An untyped representation is "just code", and that way lies madness. Bugs at least.
We don't really emphasize or support people using the intermediate language in an external way very well. They're parts of the compiler that are intimately and deeply tied to other internals elsewhere, and it's not really an explicit design goal that those components be reusable in a general way.
Now, people do use GHC for this (years ago I even helped write a compiler that transformed GHC's core language into a whole-program IR that was compiled to C), and we do have an API you can use to leverage the compiler, but overall the amount of people using it for things like this, vs using it for things like dynamic loaders or typechecking utilities (such as ghc-mod) are very small.
In fact, just last year we removed 'External Core' from GHC, which was a way of serializing the Core representation to disk. Why? Because it was actually broken for close to two years I think, and nobody ever really complained or fixed or wanted to support it! And after a discussion, we didn't want to support it either. It has been used, but when it bitrots that bad, I think it's clear this isn't one of the largest driving use cases for the compiler.
That said, we could improve the documentation a lot, and add a lot more examples. But I don't think there ever has been (or probably will be) a huge push to make the core IRs reusable in an easy way. It's simply not a high priority design goal.
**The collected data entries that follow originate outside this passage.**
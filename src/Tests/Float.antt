-- ===== src/Tests/Float.antt =====
-- The theorems on `_ftoa` and `_etoa`, at concrete numbers; and runs of the two.
use native.Mathlib.Nat.{mod-add-div'}
use mega_os.Prelude.{
  Bool, ◌%◌, ◌/◌, leb, ap, ◌∙◌, reverse, replicate, ℕ, ◌*◌, ◌-◌, ◌^◌, ◌<◌, inr, length, ◌≡◌, refl,
  false, true, List, [], ◌∷◌, ◌++◌, codes, done, arith,
}
use mega_os.Printf.Output.{no_flags, Flags, out_rev, emit}
use mega_os.Printf.Integer.{
  format_buffer, sign_width, pad_zeros, write_zeros, put_hash, make_room, put, put_sign,
  value_flags, value_digits, write_digits, digit_char, ntoa_format, ntoa_long,
}
use mega_os.Printf.Fixed.{
  limit_precision, frac_digits, extra_zeros, whole_digits, put_fraction, float_buffer, pow10,
  round_fraction, round_whole, parts, ftoa_fixed,
}
use mega_os.Printf.Exponential.{
  float_width, out_exponent, log10_of, power_of_ten, decimal_exponent, style, etoa_with,
}
use mega_os.Printf.Directive.{
  Arg, word, eval_directive, eval_flags, set_flag, eval_width, eval_precision, eval_digits,
  eval_length, va_arg, atoi,
}
use mega_os.Printf.Format.{format_loop_with, format_around}
use mega_os.Printf.Integer.Field.{padded_field}
use mega_os.Printf.Integer.Readback.{read_number, Decimal}
use mega_os.Printf.Fixed.Text.{fixed_text, number}
use mega_os.Printf.Fixed.Rounding.{IsExact, IsWhole, IsNearest}
use mega_os.Printf.Fixed.Even.{half_even, parts-half_even}
use mega_os.Printf.Fixed.Overflow.{overflowed}
use mega_os.Printf.Fixed.Readback.{atoi-number}
use mega_os.Printf.Float.{
  ftoa, etoa, convert_fixed, convert_exponential, convert_float, format_float_out,
}
use mega_os.Printf.Float.Nearest.{IsValuation, ftoa-IsNearest}
use mega_os.Printf.Float.Returns.{Ends}
use mega_os.Printf.Float.Ends.{float-Ends}
use mega_os.Printf.Float.Faults.{ftoa-overflowed}
use mega_os.Printf.Output.Laws.{layout}
use mega_os.Tests.{collect}
use mega_os.Tests.Units.{Units, no_number, decimal, signed, decimal_double, log2, one, to_bits}

-- `.2` of the conversion
abbrev two_places : Flags
two_places = record no_flags { has_precision = true }

fixed_run :
    ftoa collect 100 2 false 0 (decimal 314159265 8) 0 0 no_flags [] ≡ done 8 (codes "3.141593")
unfolding limit_precision frac_digits extra_zeros whole_digits put_fraction float_buffer pow10
    round_fraction round_whole parts ftoa_fixed ftoa write_zeros put put_sign sign_width out_rev
fixed_run = refl

negative_run :
    ftoa collect 100 2 false 0 (signed true 1500000000000) 0 8 two_places []
    ≡ done 8 (codes "      -2")
unfolding limit_precision frac_digits extra_zeros whole_digits put_fraction float_buffer pow10
    round_fraction round_whole parts ftoa_fixed ftoa write_zeros put put_sign sign_width out_rev
negative_run = refl

scientific_run :
    ftoa collect 100 2 false 0 (decimal 2500000000 0) 2 0 two_places [] ≡ done 8 (codes "2.50e+09")
unfolding limit_precision frac_digits extra_zeros whole_digits put_fraction float_buffer pow10
    round_fraction round_whole parts ftoa_fixed ftoa write_zeros put put_sign sign_width out_rev
    float_width out_exponent log10_of power_of_ten decimal_exponent style etoa_with etoa log2
    format_buffer pad_zeros put_hash make_room value_flags value_digits write_digits digit_char
    ntoa_format ntoa_long
scientific_run = refl

general_run :
    etoa collect 100 2 true 0 (decimal 12345678 5) 5 0 two_places [] ≡ done 6 (codes "123.46")
unfolding limit_precision frac_digits extra_zeros whole_digits put_fraction float_buffer pow10
    round_fraction round_whole parts ftoa_fixed ftoa write_zeros put put_sign sign_width out_rev
    float_width out_exponent log10_of power_of_ten decimal_exponent style etoa_with etoa log2
    format_buffer pad_zeros put_hash make_room value_flags value_digits write_digits digit_char
    ntoa_format ntoa_long
general_run = refl

-- The exponent is fixed before the digits are rounded.
carry_run :
    etoa collect 100 2 false 0 (decimal 99999999 7) 0 0 no_flags []
    ≡ done 13 (codes "10.000000e+00")
unfolding limit_precision frac_digits extra_zeros whole_digits put_fraction float_buffer pow10
    round_fraction round_whole parts ftoa_fixed ftoa write_zeros put put_sign sign_width out_rev
    float_width out_exponent log10_of power_of_ten decimal_exponent style etoa_with etoa log2
    format_buffer pad_zeros put_hash make_room value_flags value_digits write_digits digit_char
    ntoa_format ntoa_long
carry_run = refl

-- The bits of 2.5 and of 1234567.
abbrev float_args : List Arg
float_args = word (to_bits (decimal 25 1)) ∷ word (to_bits (decimal 1234567 0)) ∷ []

format_run :
    format_float_out Units collect 100 (codes "%+07.2f|%.3G|") float_args []
    ≡ done 17 (codes "+002.50|1.23E+06|" ++ 0 ∷ [])
unfolding format_float_out format_around format_loop_with convert_float convert_fixed
    convert_exponential eval_directive eval_flags set_flag eval_width eval_precision eval_digits
    eval_length va_arg atoi limit_precision frac_digits extra_zeros whole_digits put_fraction
    float_buffer pow10 round_fraction round_whole parts ftoa_fixed ftoa write_zeros put put_sign
    sign_width out_rev float_width out_exponent log10_of power_of_ten decimal_exponent style
    etoa_with etoa log2 format_buffer pad_zeros put_hash make_room value_flags value_digits
    write_digits digit_char ntoa_format ntoa_long
format_run = refl

-- A number of units is exact.
units-IsExact : (n : ℕ) → IsExact one n (signed false n)
units-IsExact n = (refl, λ k. (ground arith, ground arith))

-- A whole number of ones is one.
ones-IsWhole : (b : ℕ) → IsWhole b (signed false (b * one))
ones-IsWhole b k = ground arith

abbrev large : Units
large = decimal 2500000000 0

-- A number that is not negative, and how many units it is.
abbrev is_amount : Units → Bool
is_amount (signed false n) = true
is_amount _ = false

abbrev Amount : Units → Type 0
Amount x = is_amount x ≡ true

abbrev units : Units → ℕ
units (signed b n) = n
units no_number = 0

fraction-Amount :
    (x : Units)
    → Amount x
    → Amount (decimal_double.sub x (decimal_double.of_nat (decimal_double.truncated x)))
      × (units (decimal_double.sub x (decimal_double.of_nat (decimal_double.truncated x)))
          ≡ units x % one)
fraction-Amount (signed false n) h =
    let low : leb (n / one * one) n ≡ true = ground (arith, mod-add-div' n one) in
    rw low (refl, omega (arith, mod-add-div' n one))
fraction-Amount (signed true n) h = absurd (ground (arith, h))
fraction-Amount no_number h = absurd (ground (arith, h))

product-Amount :
    (x y z : Units)
    → Amount x
    → Amount y
    → Amount z
    → units x * units y ≡ units z * one
    → Amount (decimal_double.mul x y) × (units (decimal_double.mul x y) ≡ units z)
product-Amount (signed false m) (signed false n) z h k l e =
    (refl, ap (λ (p : ℕ). p / one) e ∙ omega arith)
product-Amount (signed false m) (signed true n) z h k l e = absurd (ground (arith, k))
product-Amount (signed false m) no_number z h k l e = absurd (ground (arith, k))
product-Amount (signed true m) y z h k l e = absurd (ground (arith, h))
product-Amount no_number y z h k l e = absurd (ground (arith, h))

doubled-Amount :
    (x : Units)
    → Amount x
    → units x < one
    → Amount (decimal_double.mul x (decimal_double.of_nat 2))
      × (units (decimal_double.mul x (decimal_double.of_nat 2)) ≡ 2 * units x)
doubled-Amount (signed false n) h below = (refl, omega arith)
doubled-Amount (signed true n) h below = absurd (ground (arith, h))
doubled-Amount no_number h below = absurd (ground (arith, h))

Amount-IsExact : (x : Units) → Amount x → IsExact one (units x) x
Amount-IsExact (signed false n) h = units-IsExact n
Amount-IsExact (signed true n) h = absurd (ground (arith, h))
Amount-IsExact no_number h = absurd (ground (arith, h))

units-IsValuation : IsValuation one Amount units
units-IsValuation = record {
  some_unit = omega arith;
  reads = Amount-IsExact;
  fraction = fraction-Amount;
  doubled = doubled-Amount;
  product = product-Amount;
}

ftoa-IsNearest_example :
    (w f : ℕ) × IsNearest one (10 ^ 2) (3141592650000 * 10 ^ 2) (w, f)
    × (f < 10 ^ 2)
    × (ftoa collect 100 1 false 0 (decimal 314159265 8) 2 9 two_places []
        ≡ emit collect 100 (padded_field false 0 9 two_places (fixed_text 2 w f)) 0 [])
ftoa-IsNearest_example =
    ftoa-IsNearest collect 100 0 false 0 (decimal 314159265 8) 2 9 two_places []
      (signed false 14159265000000) units-IsValuation (refl, refl, refl, refl, refl) (omega arith)
      (omega arith) (λ e. ground arith) (omega arith) (omega arith) (omega arith) refl refl refl
      (omega arith) (ones-IsWhole (10 ^ 2)) (omega arith) (λ e. omega arith)

ftoa-overflowed_example :
    ftoa collect 100 1 false 0 (decimal 95 2) 1 0 two_places []
    ≡ emit collect 100 (layout (overflowed 1) 0 two_places) 0 []
unfolding sign_width
ftoa-overflowed_example =
    ftoa-overflowed collect 100 0 false 0 (decimal 95 2) 1 0 two_places [] one 9500000000000
      (refl, refl, refl, refl, refl) (omega arith) (omega arith) (omega arith) (omega arith)
      (omega arith) (units-IsExact 9500000000000) (ones-IsWhole 10) (omega arith) refl refl

parts-half_even_example : (parts (decimal 25 1) 0 (decimal 1 0)).0 ≡ half_even one 2500000000000
parts-half_even_example =
    parts-half_even one 2500000000000 (decimal 25 1) (decimal 1 0) (omega arith)
      (units-IsExact 2500000000000) (units-IsExact 500000000000) (ones-IsWhole 1)

atoi-number_example :
    (ds : List ℕ) × (atoi (reverse (number 9 141592653 3 (replicate 3 b'0'))) 0 ≡ (3, b'.' ∷ ds))
    × Decimal ds
    × (length ds ≡ 12)
    × (read_number 10 ds 0 ≡ 141592653 * 10 ^ (12 - 9))
atoi-number_example =
    atoi-number 12 3 141592653 (omega arith) (omega arith) (omega arith) (omega arith)

float-Ends_example :
    Ends (λ seen. Unit) (ftoa collect 100 2 false 0 large 2 0 two_places [])
    × Ends (λ seen. Unit) (etoa collect 100 2 true 0 large 2 0 two_places [])
unfolding decimal_exponent log10_of power_of_ten log2
float-Ends_example =
    float-Ends (λ seen. Unit) collect 100 (λ c idx s h. tt) 0 0 large 2 0 two_places [] true
      (inr (refl, refl, refl, refl, refl)) (λ e. absurd (ground (arith, e))) (omega arith) tt
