-- ===== src/Tests/Formatting.antt =====
-- The theorems on the formatter, at concrete formats, numbers and flags.
use mega_os.Prelude.{
  ℕ, ◌-◌, ◌%◌, ◌^◌, ◌≤◌, ◌≡◌, refl, true, false, [], ◌∷◌, length, arith, codes, bind, pure, List,
  ◌++◌, ◌≢◌, take, drop, reverse,
}
use mega_os.Printf.Output.{no_flags, emit}
use mega_os.Printf.Integer.{buffer_size, write_digits}
use mega_os.Printf.Integer.Padding.{long_buffer, length-long_buffer}
use mega_os.Printf.Directive.{Arg, va_arg, word, str, eval_flags, atoi}
use mega_os.Printf.Format.{format_out, convert_integer}
use mega_os.Printf.Format.Field.{numeral, below_zero, unsigned_value, decimal, hexadecimal}
use mega_os.Printf.Format.Standard.{convert_integer-standard}
use mega_os.Printf.Format.Spelled.{
  Spelling, IsSpelling, spelled_flags, plus, zero, dot, no_precision, no_modifier, at,
}
use mega_os.Printf.Format.Described.{
  IsCovered, Describes, number, plain, percent, nothing, format_out-Describes,
}
use mega_os.Printf.Format.Typed.{wants, any, text}
use mega_os.Printf.Format.Total.{IsTotal, Returns, fits-Returns}
use mega_os.Printf.Format.Hex.{read_number-hex_text}
use mega_os.Printf.Format.Pieces.{hex_text}
use mega_os.Printf.Integer.Readback.{read_number, atoi-write_digits}
use mega_os.Printf.Directive.Static.{static, length_field, precision_field, star_field}
use mega_os.Tests.{collect}

-- A width, a number and a string.
abbrev x_args_rev : List Arg
x_args_rev = word 7 ∷ str 0 (codes "x") ∷ []

length-long_buffer_example : length (long_buffer 42 true 10 50 60 no_flags) ≤ buffer_size
length-long_buffer_example = length-long_buffer 42 true 10 50 60 no_flags

-- `%+05d` and `%.3x`
abbrev signed_spelling : Spelling
signed_spelling = record {
  flags = plus ∷ zero ∷ [];
  width = codes "5";
  precision = no_precision;
  modifier = no_modifier;
}

abbrev hex_spelling : Spelling
hex_spelling = record {
  flags = [];
  width = [];
  precision = dot (codes "3");
  modifier = no_modifier;
}

signed_spelling-IsSpelling : IsSpelling signed_spelling
signed_spelling-IsSpelling = record {
  digits = (refl, tt);
  no_zero = λ e. omega arith;
  narrow = omega arith;
  precise = tt;
}

hex_spelling-IsSpelling : IsSpelling hex_spelling
hex_spelling-IsSpelling = record {
  digits = tt;
  no_zero = λ e. omega arith;
  narrow = omega arith;
  precise = ((refl, tt), omega arith);
}

forty_two-IsCovered : IsCovered signed_spelling 10 (codes "42")
forty_two-IsCovered = record {
  no_prefix = λ e. refl;
  short_precision = omega arith;
  short_width = λ e f. omega arith;
  short_digits = omega arith;
  left_digits = λ e. omega arith;
}

ff-IsCovered : IsCovered hex_spelling 16 (codes "ff")
ff-IsCovered = record {
  no_prefix = λ e. ground arith;
  short_precision = omega arith;
  short_width = λ e f. omega arith;
  short_digits = omega arith;
  left_digits = λ e. ground arith;
}

-- Minus 42 as an `int`, 255, and a string.
abbrev mixed_args : List Arg
mixed_args = word (2 ^ 32 - 42) ∷ word 255 ∷ str 0 (codes "ok") ∷ []

abbrev mixed_format : List ℕ
mixed_format = codes "%+05d %.3x%%"

mixed-Describes : Describes mixed_format mixed_args (codes "-0042 0ff%")
unfolding numeral
mixed-Describes =
    number {sp = signed_spelling} {n = 42} signed_spelling-IsSpelling decimal
      (below_zero refl (omega arith) (omega arith)) forty_two-IsCovered
      (plain (λ e. ground arith)
        (number {sp = hex_spelling} hex_spelling-IsSpelling hexadecimal (unsigned_value refl)
          ff-IsCovered (percent nothing)))

format_out-Describes_example :
    format_out collect 10 mixed_format mixed_args []
    ≡ bind
        (emit collect 10 (codes "-0042 0ff%") 0 [])
        (λ _ s'. bind (collect 0 9 10 s') (λ _. pure 10))
format_out-Describes_example =
    format_out-Describes collect 10 [] (omega arith) (omega arith) mixed-Describes (omega arith)

convert_integer-standard_example :
    convert_integer collect 100 b'd'
      (at (spelled_flags signed_spelling) 5 0 (codes "d") mixed_args)
      0
      []
    ≡ bind
        (emit collect 100 (codes "-0042") 0 [])
        (λ idx'. pure (idx', word 255 ∷ str 0 (codes "ok") ∷ []))
unfolding va_arg numeral
convert_integer-standard_example =
    convert_integer-standard decimal (at (spelled_flags signed_spelling) 5 0 (codes "d") mixed_args)
      refl (λ e. refl) (omega arith) (λ e f. omega arith) collect 100 0 [] (2 ^ 32 - 42)
      (word 255 ∷ str 0 (codes "ok") ∷ []) true 42 (omega arith) (omega arith) refl
      (below_zero refl (omega arith) (omega arith)) (omega arith) (λ e. ground arith)

collect-IsTotal : IsTotal collect
collect-IsTotal c idx maxlen s = (tt, s ++ c ∷ [], refl)

fits-Returns_example : Returns (format_out collect 100 (codes "%*d:%s") (word 3 ∷ x_args_rev)) []
unfolding wants static length_field precision_field star_field eval_flags
fits-Returns_example =
    fits-Returns collect collect-IsTotal 100 (codes "%*d:%s") (any ∷ any ∷ text ∷ [])
      (word 3 ∷ x_args_rev) [] refl refl

atoi-write_digits_example :
    atoi (reverse (write_digits 32 4096 10 false []) ++ codes "d") 0 ≡ (4096, codes "d")
atoi-write_digits_example = atoi-write_digits 4096 false (codes "d") (omega arith) refl

read_number-hex_text_example :
    (read_number 16 (drop 2 (hex_text 0xBEEF)) 0 ≡ 0xBEEF % 2 ^ 64)
    × (0xBEEF % 2 ^ 64 ≢ 0 → take 2 (hex_text 0xBEEF) ≡ codes "0x")
read_number-hex_text_example = read_number-hex_text 0xBEEF
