-- ===== src/Lib.antt =====
-- The arkade-taxi service: an operator lends receivers the dust unit that carries a sub-dust payment,
-- in a covenant output, and is repaid when the receiver claims it.
--
-- The program's parts and how they meet:
-- - packages/core decides: `admit` (admission.ts) prices a quote with the operator's rules (fares.ts)
--   against what is at risk (`computeExposure`, exposure.ts) and what is owed (`assessSolvency`,
--   solvency.ts); an advance then moves through the states of ledger.ts until it is claimed, refunded
--   or swept (`sweepable`).
-- - packages/covenant says which parameters make a covenant (params.ts).
-- - packages/db keeps the advances (advances.ts): a row each, which the workers that submit a lockup,
--   reclaim it and watch its spend move on by compare-and-set updates; the queries over them compute
--   what packages/core computes on advances. It also keeps what is owed after an advance was reclaimed:
--   a row per receiver, to be released or written off, and the coins that a release in flight spends
--   (custody.ts). The observation that settles a reclaim opens that row and frees the operator's coins. A quote
--   takes its place under the limits and its coins before it is signed (reservations.ts), in the same
--   database as the coins of the receive quotes, the proceeds jobs and the fills. A proceeds job settles
--   the operator's coins, one job at a time (proceeds.ts).
-- - packages/protocol carries covenant parameters, fares and sponsored sends as JSON (codec.ts).
--
-- Files:
-- - Prelude: shared names. Prelude/Tests (Boolean tests), Prelude/Lists (lists, strings as code units,
--   byte arrays), Prelude/Results (calls that return or throw), Prelude/Int (`bigint`, JavaScript
--   numbers), Prelude/Decimal and Prelude/Hex (the two spellings that the codecs use).
-- - Core/Types, Core/Submission: the records of packages/core/src/types.ts, and the covenant's parameters.
-- - Core/Fares with Keys, Rules, Pricing, Claims: packages/core/src/fares.ts.
-- - Core/Ledger with Snapshot, Lifecycle: packages/core/src/ledger.ts.
-- - Core/Exposure with Totals, Oldest, Sorting, Due, Order, Sweep: packages/core/src/exposure.ts.
-- - Core/Solvency with Cover: packages/core/src/solvency.ts.
-- - Core/Admission with Limits, Decision: packages/core/src/admission.ts.
-- - Covenant/Params with Validity: packages/covenant/src/params.ts.
-- - Protocol/Json, Protocol/Codec with RoundTrip, QuoteParams, and Protocol/Sponsored, Protocol/Funding,
--   Protocol/Spend with RoundTrip: packages/protocol/src/codec.ts.
-- - Database/Rows, Database/Records, and Database/Custody with Steps, Settled, Coins, Claims:
--   packages/db/src/custody.ts, with the tables of packages/db/src/schema.ts.
-- - Database/Keyed: tables with a primary key.
-- - Database/Advances: packages/db/src/advances.ts. Its columns; Writing (`toParams`), Fields and Reading
--   (`fromRow`), with RoundTrip and Inversion; Store (the tables and the statement forms), Submission,
--   Recovery, Lockup, Messages, Observation and Stable (the operations), Commands (the operations as
--   commands); Moves and RowMoves (what a statement makes of a row), Tables and Execution (what an
--   operation makes of the table), History and Fates (what becomes of a row); Liability and Settlement
--   (`recordSpendObservation`), Leases; Views (the queries) with Mirrors and Due.
-- - Database/Reservations with Reserving (`reserveQuote`), Locking (`claimLockup` and the calls that let
--   coins go), Claims (what a new claim found and left), Caps and Coins:
--   packages/db/src/reservations.ts.
-- - Database/Proceeds with Jobs (how a job is created and ended), Calls (what each call makes of the
--   jobs), Submitted, Single and Coins: packages/db/src/proceeds.ts.
-- - Database/Fills: what packages/db/src/fills.ts writes to the advances. App/Sweeper: the mark that
--   packages/app/src/sweeper.ts sets on one.
-- - Database/Writers: every call that writes to the table of the advances, whichever file it stands in, as
--   commands; Moved, ReadBack and Marked (what each makes of the table), Fates (sequences of them) and Once (a quote
--   is claimed once).
-- - Core/Tests, Covenant/Tests, Protocol/Tests, Database/Tests, Database/Advances/Tests,
--   Database/Reservations/Tests, Database/Proceeds/Tests, Database/Writers/Tests: the theorems at
--   concrete values.
--
-- Correspondence: a TypeScript function `fooBar` is `foo_bar` here, a field or a constructor likewise.
-- A `bigint` is a signed integer without bound, as in the source; a count or a time is a natural
-- number; a number that the code checks itself is a `Number`, which may be no integer at all. A string
-- is the list of its UTF-16 code units, a `Uint8Array` a list of numbers, each a byte where a theorem
-- says so. An optional field is an `Option`. A call that throws or refuses returns `err` with what the
-- message says, and the label that the message names is left out. The `typeof` tests that the types
-- already grant are left out; those of the codecs, whose argument is any JSON value, are kept.
-- The custody tables are lists, and each SQL statement of custody.ts is the function that it denotes, with
-- the primary keys and the checks of the schema; a transaction is one step, and one that throws changes
-- nothing. `Step` is one successful operation and `Run` any sequence of them by any workers.
-- A row of `advances` is a record whose columns of the submission, of the recovery and of the observation
-- are three records in it; a JSON column holds the value of its text, or is malformed. A call of the
-- store is a function from the tables to an answer and the tables, with `Date.now()` as an argument, and
-- `execute` and `perform` run it as a command; `perform_all` runs a sequence of them, in the order in which
-- SQLite admits them.
-- `update` overwrites a row by what its caller read. Its one use in the program is the mark that the sweeper
-- sets, which reads the row and writes it back with nothing in between; `Write` has that use as `marks`,
-- beside the commands of the repository and the writes of reservations.ts and fills.ts. Integers beyond 64
-- bits, and the CHECKs of the table `advances`, are left out. `Desk` is the store of the advances with what
-- reservations.ts reads of the receive quotes and of the coins that proceeds jobs and fills hold.
-- Each loop runs over a list and is recursion on it. The decimal spelling of a number is recursion on
-- fuel, one more than the number, and a number has no more digits than that. A stable sort is an
-- insertion sort with the code's own comparator.
--
-- Not under the repository and so parameters: the Bitcoin library's test of a public key and the SDK's
-- encoding of a timelock, arguments of `validate_params`.
--
-- Not modelled: the HTTP service and its adapters (packages/app, but for the sweeper's mark), the client
-- (packages/client), the stores of the receive quotes and of the fills (but for what fills write to the
-- advances), the policy's own store and the migrations (packages/db), `byReceiverKeys` of advances.ts and
-- the listings of custody.ts, and the script artifacts of packages/covenant. Core/Types leaves the fields
-- of `SubmissionState` out of `Advance`, since packages/core neither reads nor writes them; `StoredAdvance`
-- has both.
pub mod Prelude
pub mod Core
pub mod Covenant
pub mod Protocol
pub mod Database
pub mod App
> Furthermore, the "Core" language is, I believe, for many purposes, more complicated than necessary (e.g., it is typed). It would be nice if there were a simpler alternative, e.g., for small projects.
The Core language being typed is a good thing for GHC - it makes it easy to turn on an internal typechecker and determine if the compiler has produced invalid IR, your optimization pass did, etc. It adds a lot of safety to your produced programs when you can ensure they type-check in a sane way.
This component, along with the core linting passes, have likely caught an _innumerable_ amount of optimization and desugaring bugs over the years, while being extremely low cost to support and use. Overall, typed Core has been a very huge win for GHC, and I don't ever see us adopting a different route. In fact, it's planned for our Core language to get an even fancier (dependent) type system not far off in the future. :)
I don't think an external format (serialized Core) is even necessary. Just a well-documented API would be nice. I'm hoping that somebody could write a set of examples, and put those in a test-suite so that it keeps getting updated whenever something breaks it.
I also agree that typing is extremely useful. But for small research projects, it can get in the way of the actual goal.
While I think real understanding will come if/when I have to actually wrestle with the lower layers of GHC (or am contributing to the source code or something), this served as a great overview, and a quick explanation of how Haskell "really" works.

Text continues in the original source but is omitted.